Jimmy half cried and half yelled. “Damn it!” Then he dropped his gun and got on the floor next to Gravelly Bob.
Two other cop cars pulled up and two other officers came in and handcuffed Skinny Jimmy and Gravelly Bob and they hauled them off to jail.
Big Al came to and slowly got up like a mountain rising up from the sea. There was a big blue bump on his head.
“You showed up just in the nick of time Jack.” Al said through his heavy laboring breaths.
Officer Jack Morrison looked like a real life super hero standing there with his green khaki police uniform and wearing his police hat and aviator sunglasses. His police badge gleamed in the sun that came through the window.
“Well I’ll tell you” he said with a laugh. “It was Mike here who saved you. I saw the Radio Flyer out front and knew it was his. So, I figured I’d stop in and have an RC Cola with him. Besides I need to see if his older sister can baby sit the kids tonight. Well, when I started walking up I saw that skinny creep with the gun to your head.

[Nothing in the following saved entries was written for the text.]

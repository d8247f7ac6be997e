-- ===== src/Dma/Load.antt =====
-- dma.c: `dma_load_transaction`, the writing of a transaction into the registers of its channel,
-- and dma.h's `write_register`. Each group of writes is a function on the registers of the
-- channel's peripheral, in the code's order.
pub mod Image
pub mod Prepared
pub mod Laws
pub mod Padding
use core_v_mini_mcu.Base.{
  ℕ, ◌+◌, ◌*◌, ◌/◌, ◌^◌, bit_and, bit_or, shl32, not32, u8, u32, Bool, true, false, not, ◌&&◌, ◌||◌,
  ltb, ◌==◌, if◌then◌else◌, Option, none, some,
}
use core_v_mini_mcu.Dma.Config
use core_v_mini_mcu.Dma.Config.{is_critical}
use core_v_mini_mcu.Dma.Reg
use core_v_mini_mcu.Dma.Types.{
  Target, Trans, Channel, World, dim_2d, data_type_2_size, trig_memory, is_2d, is_address,
  is_polling, dim_value, mode_value,
}
use core_v_mini_mcu.Mmio.{Region, update, mmio_region_read32, mmio_region_write32}

-- A field of a register: the value is cut to the mask and put at the position `sel`.
unfoldable pub write_register : ℕ → ℕ → ℕ → ℕ → Region → Region
write_register val offset mask sel r =
    let value = mmio_region_read32 r offset in
    mmio_region_write32 r offset
      (bit_or (bit_and value (not32 (shl32 mask sel))) (shl32 (bit_and val mask) sel))

-- `dma_is_ready`: the READY bit of the status register.
unfoldable pub is_ready : Region → Bool
is_ready r = not (bit_and (mmio_region_read32 r Reg.status) 1 == 0)

unfoldable pub dma_is_ready : World → ℕ → Bool
unfolding is_ready
dma_is_ready w channel = is_ready (w.banks (w.channels channel).peri)

-- `DMA_CSR_REG_MIE_MASK`
abbrev pub mie_mask : ℕ
mie_mask = 0x80800

unfoldable pub get_increment_b_1d : Trans → Target → ℕ
unfolding data_type_2_size
get_increment_b_1d t tgt =
    if tgt.trig == trig_memory
    then (if t.inc_b == 0 then u32 (tgt.inc_d1_du * u8 (data_type_2_size tgt.type)) else t.inc_b)
    else 0

unfoldable pub get_increment_b_2d : Trans → Target → ℕ
unfolding data_type_2_size
get_increment_b_2d t tgt =
    if tgt.trig == trig_memory
    then (if t.inc_b == 0 then u32 (tgt.inc_d2_du * u8 (data_type_2_size tgt.type)) else t.inc_b)
    else 0

unfoldable pub set_interrupts : Trans → Region → Region
unfolding write_register
set_interrupts t r =
    let off = mmio_region_write32 r Reg.interrupt_en 0 in
    let done = write_register 1 Reg.interrupt_en 0xffff 0 off in
    if is_polling t.end_event
    then off
    else (if ltb 0 t.win_du then write_register 1 Reg.interrupt_en 0xffff 1 done else done)

-- A padded transaction in one dimension.
abbrev pub is_padded_1d : Trans → Bool
is_padded_1d t = not (is_2d t.dim) && (not (t.pad_left_du == 0) || not (t.pad_right_du == 0))

unfoldable pub set_padding : Trans → Region → Region
unfolding write_register
set_padding t r =
    if is_padded_1d t
    then write_register t.pad_right_du Reg.pad_right 0x3f 0
        (write_register t.pad_left_du Reg.pad_left 0x3f 0 r)
    else if is_2d t.dim
    then write_register t.pad_right_du Reg.pad_right 0x3f 0 (
        write_register t.pad_left_du Reg.pad_left 0x3f 0 (
          write_register t.pad_bottom_du Reg.pad_bottom 0x3f 0
            (write_register t.pad_top_du Reg.pad_top 0x3f 0 r)))
    else r

unfoldable pub set_pointers : Trans → Target → Target → Target → Region → Region
set_pointers t src dst src_addr r =
    let r1 = mmio_region_write32 r Reg.src_ptr src.ptr in
    if is_address t.mode
    then mmio_region_write32 r1 Reg.addr_ptr src_addr.ptr
    else mmio_region_write32 r1 Reg.dst_ptr dst.ptr

unfoldable pub set_transposition : Trans → Region → Region
unfolding write_register
set_transposition t r = write_register t.dim_inv Reg.dim_inv 1 0 r

unfoldable pub set_src_increments : Trans → Target → Region → Region
unfolding write_register get_increment_b_1d get_increment_b_2d
set_src_increments t src r =
    let r1 = write_register (get_increment_b_1d t src) Reg.src_ptr_inc_d1 0x3f 0 r in
    if is_2d t.dim
    then write_register (get_increment_b_2d t src) Reg.src_ptr_inc_d2 0x7fffff 0 r1
    else r1

unfoldable pub set_dst_increments : Trans → Target → Region → Region
unfolding write_register get_increment_b_1d get_increment_b_2d
set_dst_increments t dst r =
    let r1 = write_register (get_increment_b_1d t dst) Reg.dst_ptr_inc_d1 0x3f 0 r in
    if is_address t.mode
    then r
    else if is_2d t.dim
    then write_register (get_increment_b_2d t dst) Reg.dst_ptr_inc_d2 0x7fffff 0 r1
    else r1

-- The sign extension is written twice.
unfoldable pub set_mode : Trans → Region → Region
unfolding write_register
set_mode t r =
    let r1 = mmio_region_write32 r Reg.mode (mode_value t.mode) in
    let r2 =
      mmio_region_write32 r1 Reg.window_size (if t.win_du == 0 then t.size_d1_du else t.win_du) in
    let r3 = write_register (dim_value t.dim) Reg.dim_config 1 0 r2 in
    write_register t.sign_ext Reg.sign_ext 1 0 (write_register t.sign_ext Reg.sign_ext 1 0 r3)

unfoldable pub set_slots : Trans → Target → Target → Region → Region
unfolding write_register
set_slots t src dst r =
    let r1 = write_register src.trig Reg.slot 0xffff 0 r in
    let r2 = write_register dst.trig Reg.slot 0xffff 16 r1 in
    let r3 = write_register t.dst_type Reg.dst_data_type 0x3 0 r2 in
    write_register t.src_type Reg.src_data_type 0x3 0 r3

-- The writes after the padding.
unfoldable pub configure : Trans → Target → Target → Target → Region → Region
unfolding set_pointers set_transposition set_src_increments set_dst_increments set_mode set_slots
configure t src dst src_addr r =
    let r1 = set_pointers t src dst src_addr r in
    let r2 = set_transposition t r1 in
    let r3 = set_src_increments t src r2 in
    let r4 = set_dst_increments t dst r3 in set_slots t src dst (set_mode t r4)

-- A padded 1D transaction becomes a 2D one of a single row; its source target is written too.
unfoldable pub extend_1d : World → ℕ → World
unfolding data_type_2_size
extend_1d w p_trans =
    let t = w.transactions p_trans in
    let src = w.targets t.src in
    if is_padded_1d t
    then record w {
      transactions = update w.transactions p_trans (record t { dim = dim_2d; size_d2_du = 1 });
      targets = update w.targets t.src (record src { inc_d2_du = data_type_2_size t.dst_type });
    }
    else w

-- The interrupts in the core's own registers.
unfoldable pub set_csrs : Trans → World → World
set_csrs t w =
    let cleared = bit_and w.mie (not32 mie_mask) in
    if is_polling t.end_event
    then record w { mie = cleared }
    else record w { mstatus = bit_or w.mstatus 8; mie = bit_or cleared mie_mask }

-- The loading proper, once the transaction is accepted and the channel is ready.
unfoldable pub load : World → ℕ → World
load w p_trans =
    let t = w.transactions p_trans in
    let c = w.channels t.channel in
    let w1 = record w {
      channels = update w.channels t.channel (record c { trans = some p_trans });
    } in
    let w2 = extend_1d (set_csrs t w1) p_trans in
    let r = set_padding t (set_interrupts t (w2.banks c.peri)) in
    let t2 = w2.transactions p_trans in
    let r2 = configure t2 (w2.targets t2.src) (w2.targets t2.dst) (w2.targets t2.src_addr) r in
    record w2 { banks = update w2.banks c.peri r2 }

unfoldable pub dma_load_transaction : World → ℕ → World × ℕ
dma_load_transaction w p_trans =
    let t = w.transactions p_trans in
    let c = w.channels t.channel in
    if is_critical t.flags
    then (
      record w { channels = update w.channels t.channel (record c { trans = none }) },
      Config.critical_error,
    )
    else if not (dma_is_ready w t.channel)
    then (w, Config.trans_override)
    else (load w p_trans, Config.ok)
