-- ===== src/Objects/Folders.antt =====
-- src/db/repository.rs: folders, which are prefixes of keys.
pub mod Renames
pub mod Prefixes
use my_s.Common.{
  Bool, List, Option, Text, [], any, false, first, if◌then◌else◌, leb, length, min, nat_beq, none,
  not, order_by, select, some, strip_prefix, sum, text_beq, text_leb, update, ℕ, ◌&&◌, ◌++◌, ◌∷◌,
}
use my_s.Database.{
  Db, Exec, Result, err, folder_empty, gets, guard, ok, pure, target_key_exists, transaction,
  unique_violation, ◌>>=◌, ◌>>◌,
}
use my_s.Models.{ObjectRecord}
use my_s.Objects.Bin.{to_bin}
use my_s.Objects.Rows.{has_active_key, has_object_id, is_active}
use my_s.Sql.Like.{backslash, like, like_escape, percent}

pub record FolderEntry : Type 0 where
  pub prefix : Text
  pub date_created : Option ℕ
  pub date_modified : Option ℕ
  pub total_bytes : ℕ
  pub object_count : ℕ

-- MIN and MAX of a column: NULL without rows.
abbrev pub least : Option ℕ → ℕ → ℕ
least none t = t
least (some s) t = min s t

abbrev pub max_time : ℕ → ℕ → ℕ
max_time s t = if leb s t then t else s

abbrev pub greatest : Option ℕ → ℕ → ℕ
greatest none t = t
greatest (some s) t = max_time s t

unfoldable pub min_of : (ObjectRecord → ℕ) → List ObjectRecord → Option ℕ
min_of f [] = none
min_of f (o ∷ os) = some (least (min_of f os) (f o))

unfoldable pub max_of : (ObjectRecord → ℕ) → List ObjectRecord → Option ℕ
max_of f [] = none
max_of f (o ∷ os) = some (greatest (max_of f os) (f o))

-- original_filename LIKE 'prefix%' ESCAPE '\' in the active rows of a bucket
abbrev pub under_prefix : ℕ → Text → ObjectRecord → Bool
under_prefix bucket_id prefix o =
    is_active o
    && (nat_beq o.bucket_id bucket_id
        && like (some backslash) (like_escape prefix ++ percent ∷ []) o.original_filename)

unfoldable pub folder_stats : ℕ → Text → Db → FolderEntry
folder_stats bucket_id prefix db =
    let rows = select (under_prefix bucket_id prefix) db.objects in
    record {
      prefix = prefix;
      date_created = min_of (λ o. o.date_uploaded) rows;
      date_modified = max_of (λ o. o.date_modified) rows;
      total_bytes = sum (λ (o : ObjectRecord). o.filesize_bytes) rows;
      object_count = length rows;
    }

abbrev pub name_leb : ObjectRecord → ObjectRecord → Bool
name_leb a b = text_leb a.original_filename b.original_filename

unfoldable pub list_keys_under_prefix : ℕ → Text → Db → List ObjectRecord
list_keys_under_prefix bucket_id prefix db =
    order_by name_leb (select (under_prefix bucket_id prefix) db.objects)

-- Returns the number of rows changed.
unfoldable pub soft_delete_prefix : ℕ → ℕ → Text → Exec Db ℕ
soft_delete_prefix now bucket_id prefix db = (
  ok (length (select (under_prefix bucket_id prefix) db.objects)),
  record db { objects = update (under_prefix bucket_id prefix) (to_bin now) db.objects },
)

-- The loop that collects the new keys; a key that does not start with the prefix itself is left out.
unfoldable pub plan_renames : ℕ → Text → Text → List ObjectRecord → Db → Result (List (ℕ × Text))
plan_renames bucket_id from_prefix to_prefix [] db = ok []
plan_renames bucket_id from_prefix to_prefix (row ∷ rows) db =
    let others = plan_renames bucket_id from_prefix to_prefix rows db in
    elim (strip_prefix from_prefix row.original_filename) [
      | none ↦ others
      | some rest ↦
          if any (has_active_key bucket_id (to_prefix ++ rest)) db.objects
          then err target_key_exists
          else elim others [
            | ok renames ↦ ok ((row.id, to_prefix ++ rest) ∷ renames)
            | err e ↦ err e
          ]
    ]

abbrev pub rename_row : ℕ → Text → ObjectRecord → ObjectRecord
rename_row now new_key o = record o { original_filename = new_key; date_modified = now }

-- The row that an UPDATE of a key would come to share its active key with.
abbrev pub taken : ℕ → Text → List ObjectRecord → Bool
taken id new_key rows =
    elim (first (λ (o : ObjectRecord). has_object_id id o && is_active o) rows) [
      | none ↦ false
      | some r ↦
          any (λ (o : ObjectRecord). has_active_key r.bucket_id new_key o && not (nat_beq o.id id))
            rows
    ]

abbrev pub set_key : ℕ → ℕ → Text → Exec Db (Unit {0})
set_key now id new_key db = if taken id new_key db.objects then (err unique_violation, db) else (
  ok tt,
  record db {
    objects =
        update (λ (o : ObjectRecord). has_object_id id o && is_active o) (rename_row now new_key)
          db.objects;
  },
)

unfoldable pub apply_renames : ℕ → List (ℕ × Text) → Exec Db (Unit {0})
apply_renames now [] = pure tt
apply_renames now ((id, new_key) ∷ renames) = set_key now id new_key >> apply_renames now renames

unfoldable pub commit_renames : ℕ → List (ℕ × Text) → Exec Db ℕ
commit_renames now renames = transaction (apply_renames now renames) >> pure (length renames)

unfoldable pub rename_prefix : ℕ → ℕ → Text → Text → Exec Db ℕ
rename_prefix now bucket_id from_prefix to_prefix =
    if text_beq from_prefix to_prefix then pure 0 else do
      rows ← gets (list_keys_under_prefix bucket_id from_prefix)
      guard (not (nat_beq (length rows) 0)) folder_empty
      renames ← λ db. (plan_renames bucket_id from_prefix to_prefix rows db, db)
      commit_renames now renames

So, I got back to the squad car and called for back-up and grabbed ol’ Betsy the persuader here.”  Officer Morrison gently patted the shotgun that he was holding down by his side.
Memorial Day 1966 is a day I will always remember because that’s the day the robber’s came into Big Al’s with guns and thanks to officer Jack Morrison I lived to spend many more summer days bringing soda pop bottles to Big Al’s in my red Radio Flyer wagon. When I was leaving Big Al’s liquor store on that day the radio was playing a song and this is what I heard as I was walking out, “Robbing people with a six gun. I fought the law and the law won.”